You would wet yourself if you seen me driving up the field in my car and catapult hanging out the window ha ha, jeff


----------



## NoSugarRob (Jun 3, 2010)




----------



## Deltaboy1984 (Jun 14, 2011)

Great shooting and a great clean kill!


----------



## -SRS-45- (Jul 7, 2011)

I can see you were using double TBG but whats size balls were you shooting, I always find it interesting to know

Insanely nice shot!


----------



## shot in the foot (Jan 3, 2010)

-SRS-45- said:


> I can see you were using double TBG but whats size balls were you shooting, I always find it interesting to know
> 
> Insanely nice shot!


They are 12mm lead balls, they are just the right size, i do have a load of 14mm balls what i made, but im going to melt them down. jeff


----------



## stelug (Feb 6, 2010)

great skill


----------



## NoSugarRob (Jun 3, 2010)

i'v asked before Jeff, I'm gonna ask again.... if you make any videos please let me see them.


----------



## shot in the foot (Jan 3, 2010)

NoSugarRob said:


> i'v asked before Jeff, I'm gonna ask again.... if you make any videos please let me see them.

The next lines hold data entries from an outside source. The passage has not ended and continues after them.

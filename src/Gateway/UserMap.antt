-- ===== src/Gateway/UserMap.antt =====
-- UserMap of internal/msggateway/user_map.go: the connections of each user that is online.
-- The slices that sync.Map holds are lists, in the order of `append`.
pub mod Laws
pub mod Removal
use open_im_server.Base.{
  ◌==◌, Bool, true, false, not, Bytes, bytes_discrete, List, [], ◌∷◌, ◌++◌, map, Option, none, some,
  Map, lookup, insert, delete, keep, contains, if◌then◌else◌, dec_true,
}
use open_im_server.Base.{ℕ}
use open_im_server.Gateway.Client.{Client}

abbrev pub UserMap : Type 0
UserMap = Map Bytes (List Client)

-- The clients of one platform: the loop of `Get`.
unfoldable pub of_platform : ℕ → List Client → List Client
of_platform platform_id = keep (λ c. c.platform_id == platform_id)

abbrev pub is_empty {ℓ} : {A : Type ℓ} → List A → Bool
is_empty [] = true
is_empty (x ∷ xs) = false

-- The clients that are left when those at an address go: the loop of `delete`.
unfoldable pub without_addr : Bytes → List Client → List Client
without_addr addr = keep (λ c. not (dec_true (bytes_discrete c.remote_addr addr)))

-- The clients that are left when those at any of some addresses go: the loop of `deleteClients`.
unfoldable pub without_addrs : List Bytes → List Client → List Client
without_addrs addrs = keep (λ c. not (contains bytes_discrete c.remote_addr addrs))

unfoldable pub get_all : UserMap → Bytes → Option (List Client)
get_all u key = lookup bytes_discrete key u

unfoldable pub get_found : ℕ → Option (List Client) → List Client × Bool × Bool
unfolding of_platform
get_found platform_id none = ([], false, false)
get_found platform_id (some all) =
    let clients = of_platform platform_id all in (clients, true, not (is_empty clients))

-- The clients, whether the user exists, and whether it has a client of the platform.
unfoldable pub get : UserMap → Bytes → ℕ → List Client × Bool × Bool
unfolding get_found
get u key platform_id = get_found platform_id (lookup bytes_discrete key u)

unfoldable pub set : UserMap → Bytes → Client → UserMap
set u key v = elim (lookup bytes_discrete key u) [
  | none ↦ insert bytes_discrete key (v ∷ []) u
  | some old ↦ insert bytes_discrete key (old ++ v ∷ []) u
]

-- The `if len(a) == 0` that ends both deletions.
unfoldable pub store_rest : UserMap → Bytes → List Client → UserMap × Bool
store_rest u key [] = (delete bytes_discrete key u, true)
store_rest u key (c ∷ a) = (insert bytes_discrete key (c ∷ a) u, false)

unfoldable pub delete_addr : UserMap → Bytes → Bytes → UserMap × Bool
unfolding store_rest without_addr
delete_addr u key addr = elim (lookup bytes_discrete key u) [
  | none ↦ (u, false)
  | some old ↦ store_rest u key (without_addr addr old)
]

unfoldable pub delete_clients : UserMap → Bytes → List Client → UserMap × Bool
unfolding store_rest without_addrs
delete_clients u key clients = elim (lookup bytes_discrete key u) [
  | none ↦ (u, false)
  | some old ↦ store_rest u key (without_addrs (map (λ c. c.remote_addr) clients) old)
]

unfoldable pub delete_all : UserMap → Bytes → UserMap
delete_all u key = delete bytes_discrete key u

Ive tried doing videos, i hunt on my own so its hard to do a vidoe and shoot, I,m going away camping up the moors at the end of august so i will try and get some kind of stand so i can do a few, but i dont want to mess about to much, cos i like a clean kill, jeff


----------



## e~shot (Jun 3, 2010)

That is a clean shot Jeff


----------



## NoSugarRob (Jun 3, 2010)

nice one Mr Jeff.


----------



## justplainduke (May 31, 2011)

That is a nice fat rabbit!!! Mmmmmmmmm....Tasty!
Great shot too.


----------



## AUSSIE4 (Nov 21, 2019)

That's a kill shot!


----------